Bill would allow libraries to use bill collectors

A bill passed last week would make it easier for libraries to get unreturned books and other items back.

Baraboo News Republic archives

Wisconsin library directors would like it known that they are not snitching on patrons, even if they have embraced legislation that allows them to send collection agencies after deadbeat borrowers.

“Privacy is one of our core values,” said Greg Mickells, director of the Madison Public Library.

But the bill, Senate Bill 466 — adopted by the Senate earlier this month, passed by the Assembly last week and awaiting action by Gov. Scott Walker — would make it easier to recover millions of dollars in unreturned materials and overdue fines each year, supporters say.

Current law, with some exceptions, prohibits a public library from disclosing the identity of anyone who borrows or uses the library’s materials or services.

That has made it difficult for libraries to recover items that have been checked out and not returned, said Plumer Lovelace III, director of the Wisconsin Libraries Association. The association estimates that Wisconsin libraries log more than $3.5 million worth of lost property and fines each year.

“It’s a significant problem,” said Lovelace, who said the Eau Claire library, for example, has recorded $353,672 worth of unreturned materials over the past 12 years.

It doesn’t take long for the losses to add up, he said. Not only have prices for loaned-out items gone up; libraries are also checking out higher-ticket items, such as laptop computers or digital reading devices. Multiple email reminders and a mailed letter of warning don’t always get a response. That’s when a third party may need to be involved, Lovelace said.

“Current guidelines aren’t clear” about who may see that information, with some libraries and municipalities interpreting the law differently, Lovelace said.

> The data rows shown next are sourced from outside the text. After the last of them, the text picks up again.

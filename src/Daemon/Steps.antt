-- ===== src/Daemon/Steps.antt =====
-- Which phases of a machine follow which in one call of the daemon.
use ch_vmm.Prelude.{
  String, ◌≡◌, refl, inl, inr, Bool, true, Option, none, some, if◌then◌else◌, str_eq,
}
use ch_vmm.Controller.Program.{
  Answer, done, not_found, already_exists, conflict, Program, return-Keeps, then-Keeps, must-Keeps,
  Keeps-coarser, Changes, Keeps-Changes, bind-Changes, then-Changes, if-Changes, return,
}
use ch_vmm.Daemon.{
  Vm, VmInfo, VmConfig, VmmState, Status, Phase, PowerAction, Migration, Call, Server, Node, State,
  modify, set_phase,
}
use ch_vmm.Daemon.Frame.{Frames, frames, fail-Frames, event-Frames, get_status-Frames, call-Frames}
use ch_vmm.Daemon.Frame.Mounted.{mount_volumes-Frames}
use ch_vmm.Daemon.Frame.Plugged.{reconcile_volumes-Frames}
use ch_vmm.Daemon.Phases.{
  ask, get_info, tell, must_or_tell, reconcile_restoring, open_if, lock_if, boot_vm, create_vm,
  follow_created, start_if, reconcile_scheduled, restores, pause_if, reconcile_paused, resume_if,
  reconcile_resumed, resize_if, reconcile_resizing, power_if, serve, reconcile_serving, if_here,
  needs_resize, is_idle,
}

-- The changes of a machine's phase that the daemon makes, where the flag says whether the machine is
-- being deleted.
pub data Step (deleting : Bool) : Phase → Phase → Type 0 where
  stay : {p : Phase} → Step deleting p p
  restore : Step deleting Phase.scheduled Phase.restoring
  start : Step deleting Phase.scheduled Phase.running
  halt : Step deleting Phase.scheduled Phase.paused
  lose : Step deleting Phase.scheduled Phase.failed
  restored : Step deleting Phase.restoring Phase.resumed
  resume : Step deleting Phase.resumed Phase.running
  resized : Step deleting Phase.resizing Phase.running
  finish : Step deleting Phase.running Phase.succeeded
  remove : {p : Phase} → deleting ≡ true → Step deleting p Phase.succeeded

abbrev pub phase_in : State → Phase
phase_in s = s.0.status.phase

-- A program that takes the phase along a step from `p`, if it changes it.
abbrev pub Goes : {A : Type 0} → Bool → Phase → Program State A → Type 0
Goes d p m = Changes phase_in (Step d p) m

pub Frames-Goes : {A : Type 0} {m : Program State A} (d : Bool) (p : Phase) → Frames m → Goes d p m
Frames-Goes d p h = Keeps-Changes (Keeps-coarser (λ f. f.0) h)

pub set_phase-Goes : (d : Bool) (p q : Phase) → Step d p q → Goes d p (set_phase q)
set_phase-Goes d p q st = record { changed = λ s. inr st }

power-Goes :
    (d : Bool) (p : Phase) (a : PowerAction)
    → Goes d p (modify (λ s. record s { power_action = a }))
power-Goes d p a = record { changed = λ s. inl refl }

module _ (server : Server) (node : Node) (vm : Vm) where
  pub ask-Frames : (c : Call) → Frames (ask server node vm c)
  unfolding ask
  ask-Frames c = search frames

  pub get_info-Frames : Frames (get_info server node vm)
  unfolding get_info
  get_info-Frames = search frames

  tell-Frames : (a : Answer) (x y : String) → Frames (tell server node vm a x y)
  unfolding tell
  tell-Frames done x y = search frames
  tell-Frames not_found x y = search frames
  tell-Frames already_exists x y = search frames
  tell-Frames conflict x y = search frames
  tell-Frames Answer.failed x y = search frames

  pub must_or_tell-Frames : (a : Answer) (x : String) → Frames (must_or_tell server node vm a x)
  unfolding must_or_tell
  must_or_tell-Frames done x = search frames
  must_or_tell-Frames not_found x = search frames
  must_or_tell-Frames already_exists x = search frames
  must_or_tell-Frames conflict x = search frames
  must_or_tell-Frames Answer.failed x = search frames

  open_if-Frames : (a : Answer) → Frames (open_if server node vm a)
  unfolding open_if
  open_if-Frames done = search frames
  open_if-Frames not_found = search frames
  open_if-Frames already_exists = search frames
  open_if-Frames conflict = search frames
  open_if-Frames Answer.failed = search frames

  lock_if-Frames : (c : VmConfig) → Frames (lock_if server node vm c)
  unfolding lock_if
  lock_if-Frames c = search frames

  pub boot_vm-Frames : Frames (boot_vm server node vm)
  unfolding boot_vm
  boot_vm-Frames = search (frames, ask-Frames)

  pub create_vm-Frames : Frames (create_vm server node vm)
  unfolding create_vm
  create_vm-Frames =
      search (frames, open_if-Frames, lock_if-Frames, ask-Frames, boot_vm-Frames) depth 16

  pause_if-Frames : (v : VmmState) → Frames (pause_if server node vm v)
  unfolding pause_if
  pause_if-Frames VmmState.running = search (frames, ask-Frames, tell-Frames)
  pause_if-Frames VmmState.created = search frames
  pause_if-Frames VmmState.paused = search frames
  pause_if-Frames VmmState.shutdown = search frames
  pause_if-Frames VmmState.other = search frames

  pub reconcile_paused-Frames : Frames (reconcile_paused server node vm)
  unfolding reconcile_paused
  reconcile_paused-Frames = search (frames, get_info-Frames, pause_if-Frames)

  pub power_if-Frames : (o : Option (Call × String × String)) → Frames (power_if server node vm o)
  unfolding power_if
  power_if-Frames none = search frames
  power_if-Frames (some (c, x, y)) = search (frames, ask-Frames, tell-Frames)

module _ (server : Server) (node : Node) (vm : Vm) (d : Bool) where
  pub restoring-Goes : Goes d Phase.restoring (reconcile_restoring server node vm)
  unfolding reconcile_restoring
  restoring-Goes = bind-Changes (Frames-Goes d _ get_status-Frames) (λ s.
      bind-Changes (Frames-Goes d _ (call-Frames server _)) (λ a.
        then-Changes (Frames-Goes d _ (must_or_tell-Frames server node vm a "PrerunnerStage")) (
          bind-Changes (Frames-Goes d _ (ask-Frames server node vm Call.restore)) (λ b.
            then-Changes (Frames-Goes d _ (must_or_tell-Frames server node vm b "VMRestoreFailed"))
              (set_phase-Goes d Phase.restoring Phase.resumed restored)))))

  follow_created-Goes : (v : VmmState) → Goes d Phase.scheduled (follow_created server node vm v)
  unfolding follow_created
  follow_created-Goes VmmState.created = Frames-Goes d _ (boot_vm-Frames server node vm)
  follow_created-Goes VmmState.running = set_phase-Goes d _ _ start
  follow_created-Goes VmmState.paused = set_phase-Goes d _ _ halt
  follow_created-Goes VmmState.shutdown = set_phase-Goes d _ _ lose
  follow_created-Goes VmmState.other = Frames-Goes d _ (return-Keeps tt)

  start_if-Goes : (a : Answer × VmInfo) → Goes d Phase.scheduled (start_if server node vm a)
  unfolding start_if
  start_if-Goes (done, i) = follow_created-Goes i.state
  start_if-Goes (not_found, i) = Frames-Goes d _ (create_vm-Frames server node vm)
  start_if-Goes (already_exists, i) = Frames-Goes d _ (fail-Frames _)
  start_if-Goes (conflict, i) = Frames-Goes d _ (fail-Frames _)
  start_if-Goes (Answer.failed, i) = Frames-Goes d _ (fail-Frames _)

  pub scheduled-Goes : Goes d Phase.scheduled (reconcile_scheduled server node vm)
  unfolding reconcile_scheduled
  scheduled-Goes = then-Changes (Frames-Goes d _ (mount_volumes-Frames server node vm "" "")) (
      if-Changes (restores vm.volumes) (set_phase-Goes d _ _ restore)
        (bind-Changes (Frames-Goes d _ (get_info-Frames server node vm)) start_if-Goes))

  resume_if-Goes : (v : VmmState) → Goes d Phase.resumed (resume_if server node vm v)
  unfolding resume_if
  resume_if-Goes VmmState.paused =
      bind-Changes (Frames-Goes d _ (ask-Frames server node vm _)) (λ a.
        then-Changes (Frames-Goes d _ (must_or_tell-Frames server node vm a "FailedResume"))
          (then-Changes (Frames-Goes d _ (event-Frames "VMResumed")) (set_phase-Goes d _ _ resume)))
  resume_if-Goes VmmState.created = Frames-Goes d _ (return-Keeps tt)
  resume_if-Goes VmmState.running = Frames-Goes d _ (return-Keeps tt)
  resume_if-Goes VmmState.shutdown = Frames-Goes d _ (return-Keeps tt)
  resume_if-Goes VmmState.other = Frames-Goes d _ (return-Keeps tt)

  pub resumed-Goes : Goes d Phase.resumed (reconcile_resumed server node vm)
  unfolding reconcile_resumed
  resumed-Goes =
      bind-Changes (Frames-Goes d _ (get_info-Frames server node vm))
        (λ a. then-Changes (Frames-Goes d _ (must-Keeps a.0)) (resume_if-Goes a.1.state))

  resize_if-Goes : (i : VmInfo) → Goes d Phase.resizing (resize_if server node vm i)
  unfolding resize_if
  resize_if-Goes i =
      if-Changes (needs_resize node vm i)
        (bind-Changes (Frames-Goes d _ (ask-Frames server node vm _)) (λ a. Frames-Goes d _ (
          then-Keeps (must_or_tell-Frames server node vm a "VMResizeFailed")
            (event-Frames "VMResizeInitiated"))))
        (then-Changes (set_phase-Goes d _ _ resized)
          (Frames-Goes d _ (event-Frames "VMResizeCompleted")))

  pub resizing-Goes : Goes d Phase.resizing (reconcile_resizing server node vm)
  unfolding reconcile_resizing
  resizing-Goes =
      bind-Changes (Frames-Goes d _ (get_info-Frames server node vm))
        (λ a. then-Changes (Frames-Goes d _ (must-Keeps a.0)) (at_state a.1 a.1.state))
    where
      at_state :
          (i : VmInfo) (v : VmmState)
          → Goes d Phase.resizing (elim v [
            | VmmState.running ↦ resize_if server node vm i
            | VmmState.paused ↦ resize_if server node vm i
            | _ ↦ return tt
          ])
      at_state i VmmState.running = resize_if-Goes i
      at_state i VmmState.paused = resize_if-Goes i
      at_state i VmmState.created = Frames-Goes d _ (return-Keeps tt)
      at_state i VmmState.shutdown = Frames-Goes d _ (return-Keeps tt)
      at_state i VmmState.other = Frames-Goes d _ (return-Keeps tt)

  serve-Goes : (i : VmInfo) → Goes d Phase.running (serve server node vm i)
  unfolding serve
  serve-Goes i =
      let volumes = Frames-Goes d Phase.running (reconcile_volumes-Frames server node vm i) in
      bind-Changes (Frames-Goes d _ get_status-Frames) (λ s.
        if-Changes vm.halted
          (bind-Changes (Frames-Goes d _ (ask-Frames server node vm _)) (λ a.
            then-Changes (Frames-Goes d _ (must_or_tell-Frames server node vm a "FailedVMPowerOff"))
              volumes))
          (if-Changes (is_idle s.power_action) volumes
            (then-Changes (Frames-Goes d _ (power_if-Frames server node vm _)) (power-Goes d _ _))))

  pub serving-Goes : Goes d Phase.running (reconcile_serving server node vm)
  unfolding reconcile_serving
  serving-Goes =
      bind-Changes (Frames-Goes d _ (get_info-Frames server node vm))
        (λ a. then-Changes (Frames-Goes d _ (must-Keeps a.0)) (at_state a.1 a.1.state))
    where
      at_state :
          (i : VmInfo) (v : VmmState)
          → Goes d Phase.running (elim v [
            | VmmState.running ↦ serve server node vm i
            | VmmState.paused ↦ serve server node vm i
            | _ ↦ set_phase Phase.succeeded
          ])
      at_state i VmmState.running = serve-Goes i
      at_state i VmmState.paused = serve-Goes i
      at_state i VmmState.created = set_phase-Goes d _ _ finish
      at_state i VmmState.shutdown = set_phase-Goes d _ _ finish
      at_state i VmmState.other = set_phase-Goes d _ _ finish

  pub if_here-Goes :
      (p : Phase) {m : Program State (Unit {0})} → Goes d p m → Goes d p (if_here server node vm m)
  unfolding if_here
  if_here-Goes p {m = m} h =
      bind-Changes (Frames-Goes d p get_status-Frames) (λ s. at_migration s s.migration)
    where
      at_migration :
          (s : Status) (o : Option Migration)
          → Goes d p (elim o [
            | some migration ↦ return tt
            | none ↦ if str_eq s.node_name node.name then m else return tt
          ])
      at_migration s (some migration) = Frames-Goes d p (return-Keeps tt)
      at_migration s none =
          if-Changes (str_eq s.node_name node.name) h (Frames-Goes d p (return-Keeps tt))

The bill passed last week allows libraries to reveal only the name, contact information and amount owed to bill collectors and law enforcement.

In practice, the Madison library has been using a private collection agency to recover unreturned items or collect for them for 10 years, said Mickells. It has lost $2 million in materials in that time, half of which was recovered by the collection agency.

“If someone checks out 10 DVDs and doesn’t bring them back, that’s a couple hundred dollars right there,” he said. “We circulate more than 4 million items a year, and if a percentage of those don’t come back, it is a huge loss.”

The collection agency, Unique Management Services, is not told what the patron has checked out, he said. The company works exclusively with libraries, 1,400 of them, and has a trademarked “Gentle Nudge Process” of collection that emphasizes “material recovery and patron goodwill.”

The state’s libraries’ focus is unchanged, said Lovelace.

“We are careful to get materials returned in a manner that best represents libraries and their respect for privacy,” he said.